Friday, 27 July 2018

Relata = Relations: is being just about difference?





From holism, boundlessness and difference — to a ‘4th law’: A is A because of non-A


This follows on from last month’s blogpost about those aforesaid three postulates, spiralling into the intersection of metaphysics with physics. Here I want to briefly talk about what I dubbed ‘the 4th law’ in the 2017 PDF (‘A / Not-A’ page). This was my presumptuous add-on to the three classical laws of thought; the law of the excluded middle, the law of identity, the law of non-contradiction. I spoke about it as the missing link, the bridge between logic and actual physical reality. 





In last month's post I described the universe as potentially holistic, yet boundless and also composed entirely of differences. Those three postulates become less paradoxical if taken all together — the universe as a boundless whole of (owing to) mutually-generating differences. 

Similarly, the three classical laws of logical thought work as a whole package, each law is defined by the other two in an almost absurdly obvious way.


In passing I’d like to mention that perhaps there’s a fit, a pairing of sorts between each of the three law of logic and my three theoretical descriptors of physical reality. It’s rather tentative, somewhat shoe-horned-in, but I’ll throw caution to the wind and set it out here…

Law of identity: A is A = Boundlessness 
(the rationale being that there’s no external comparison for A, it just is — bounds be damned)

Law of excluded middle: either A or non-A = Holism 
(A and non-A are separate, no parts intersect — yet any either/or binary opposition is subsumed by an overarching holistic context)

Law of non-contradiction: A = not non-A = Difference 
(it’s all about being different to what it is not — a difference that makes a difference)


Anyway, the ‘4th law’ is what gets cashed out when the (atomistic-coaxing) three laws of thought are set into a (holistic-coaxing) physics as described by my three postulates; existence fundamentally fashioned out of mutually-generating differences, with no prior bounds so no externality, plus no intrinsic scale to the potential universe.   






So could an entity actually just pop-out of difference? 

Or, to put it more fundamentally, could relata be no more than the result of relational, structural differences?

Quite a bit has been written about this in contemporary ontology, often addressing concerns thrown up by theoretical and experimental physics. A key text would be James Ladyman & Don Ross's 2007 book Every Thing Must Go: Metaphysics Naturalized which sets out their stall for Ontic Structural Realism. However, in their encapsulation of OSR they seem to prioritise relations over relata, suggesting that relata are merely abstractions from relations when we drill further down. 

Ibid. (p.153–4): 
…the claim that relata are constructed as abstractions from relations doesn’t imply that there are no relata; rather the opposite.
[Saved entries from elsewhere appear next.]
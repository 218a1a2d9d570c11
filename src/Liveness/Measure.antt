-- ===== src/Liveness/Measure.antt =====
-- How far the live-out sets have grown, and how far they can.
use jerryscript_optimizer.Prelude.{
  ℕ, ◌*◌, ◌≤◌, ◌<◌, ◌≡◌, refl, true, false, List, [], ◌∷◌, ◌++◌, ◌==◌, arith, Bool-cases, inl, inr,
  length,
}
use jerryscript_optimizer.Prelude.Sets.{mem, mem-append}
use jerryscript_optimizer.Prelude.Totals
use jerryscript_optimizer.Blocks.{BlockHeap}
use jerryscript_optimizer.Liveness.Equation.{Grows}

abbrev pub total : List ℕ → BlockHeap → List ℕ → ℕ
total all h bbs = Totals.total all (λ p. (h p).live_out) bbs

pub total-le :
    (all : List ℕ) (h : BlockHeap) (bbs : List ℕ) → total all h bbs ≤ length bbs * length all
total-le all h bbs = Totals.total-le all (λ p. (h p).live_out) bbs

pub total_mono :
    (all : List ℕ) (h g : BlockHeap) (bbs : List ℕ) → Grows h g → total all h bbs ≤ total all g bbs
total_mono all h g bbs up = Totals.total_mono all (λ p. (h p).live_out) (λ p. (g p).live_out) bbs up

pub total_strict :
    (all : List ℕ) (h g : BlockHeap) (bbs : List ℕ) (b r : ℕ)
    → Grows h g
    → mem b bbs ≡ true
    → mem r all ≡ true
    → mem r (h b).live_out ≡ false
    → mem r (g b).live_out ≡ true
    → total all h bbs < total all g bbs
total_strict all h g bbs b r up mb ma old new =
    Totals.total_strict all (λ p. (h p).live_out) (λ p. (g p).live_out) bbs b r up mb ma old new

-- The exposed registers of the listed blocks.
unfoldable pub exposed : BlockHeap → List ℕ → List ℕ
exposed h [] = []
exposed h (b ∷ bbs) = (h b).ue ++ exposed h bbs

pub mem-exposed :
    (h : BlockHeap) (bbs : List ℕ) (b r : ℕ)
    → mem b bbs ≡ true
    → mem r (h b).ue ≡ true
    → mem r (exposed h bbs) ≡ true
unfolding exposed mem
mem-exposed h [] b r mb mr = cc
mem-exposed h (c ∷ bbs) b r mb mr = elim (Bool-cases (b == c)) [
  | inl e ↦ let q : c ≡ b = ground arith in rw (q, mem-append) (rw mr refl)
  | inr e ↦
      ground (arith, mem-append r (h c).ue (exposed h bbs), mem-exposed h bbs b r (ground arith) mr)
]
A core aspect of the claim that relations are logically prior to relata is that the relata of a given relation always turn out to be relational structures themselves on further analysis. 

Our everyday common-sense view is that things come first, while the structure in which those things relate with one another simply gets unavoidably cashed out by dint of there being multiple things. But Ladyman & Ross seem to reactively over-swinging the other way (at least in the second half of the above quote). I don't believe there can be real relations without some-sort of real relata, any more than relata without relations: relata/relation are mutually defining concepts. 
It seems a better solution would err towards dissolving any notion of priority in the relata/relations dichotomy. Scale is key: it is true that what looks like a relatum at one space/time scale will dissolve into a structure of smaller component relata at a smaller scale. Relata (and their relations) are scale-dependent entities, they exist in the context of their own space/time scale, that's the granularity at which entities can be said to be different from their surrounds. Furthermore, there is no reason to impose a physical limit on this fractal-like ‘dissolving’ at ever-smaller scales, indeed the pattern can reasonably be inferred to repeat, potentially ad infinitum in both micro and macro directions (well beyond our measuring capabilities). But importantly, this zoom-in ‘dissolving’ of relata isn't denying that atoms or leptons exist — they very much do exist, yet they do so in the context of their own meaningful scale, the scale on which they make a difference. Just as tables and chairs exist on our own meaningful-to-us scale, just as the Milky Way exists as an entity on the galactic scale, and whatever entities galaxies might be part of, et cetera, potentially without end

Back to the question: yes, something can pop-out of mere difference, indeed it can't avoid doing so because ‘thing’ essentially is about difference from what-it-is-not. Difference here means fundamental distinctiveness in some sort of basic, reciprocal ‘concentration-or-not’ process (at the relevant space/time scale) which results in the reified ‘stuff of space’ — the mechanics of which ought to be left for experimental physics to help figure out, rather than armchair physics.

All I'm seeking to do here from my armchair is to suggest that ‘nothingness’ is no more likely than ‘something’. Existence isn’t magic but based upon unavoidable differences which necessarily percolate as become spacial in various concentrations and with their consequent complexities (including us).

But here abounds an infinite regress — what makes the spacial zones a flux in the first place (the very differences that ushered in space-stuff itself)?

I don't yet know, but when we're in the game of deliberating upon the existence of the universe itself, I'd venture that we are along the right lines when we…
  • Maintain the mutual interdependence of relata with structural relations (on all scales);
  • Integrate the One (universe) in the Many (the differences that make up its parts);
  • Avoid contradicting the three integrated classical laws of thought;
  • Consider physical reality to be potentially holistic, boundless and based entirely upon mutually-generating differences;
  • Grasp that 1 difference = 2 ‘things’ (assuming holistic mutually-generating differences);
  • Don’t spurn the absurdly simple explanations for fundamental physical reality; 
  • Err towards thinking in terms of reciprocal processes rather than static ‘things’ to explain entities;
  • Doubt absolute discreteness, actual limits to space/time scales (Planck scale, Standard Model as ultimate account, etc.);
  • Make provision for the forces of ‘anti-matter’, the hidden inverse that generates detectable space-stuff (rather than mere forces of concentration/expansion);
  • Digest how figure/ground is mutually defining (and can flip, as in the GIF above).
This isn’t a definitive list by any means, it’s not systematised, there’s lots left out — it's just blog-post jottings after all.


Anyhow, where on earth to go from here?

I feel that I’m at a fork in the road: I can either take the route deeper into the valley where metaphysics meets fundamental physics, or head up to the hills where there's the panorama of an entire philosophy to sort through.

So I think that I might place a stone upon the foundational metaphysics of existence, at least for now.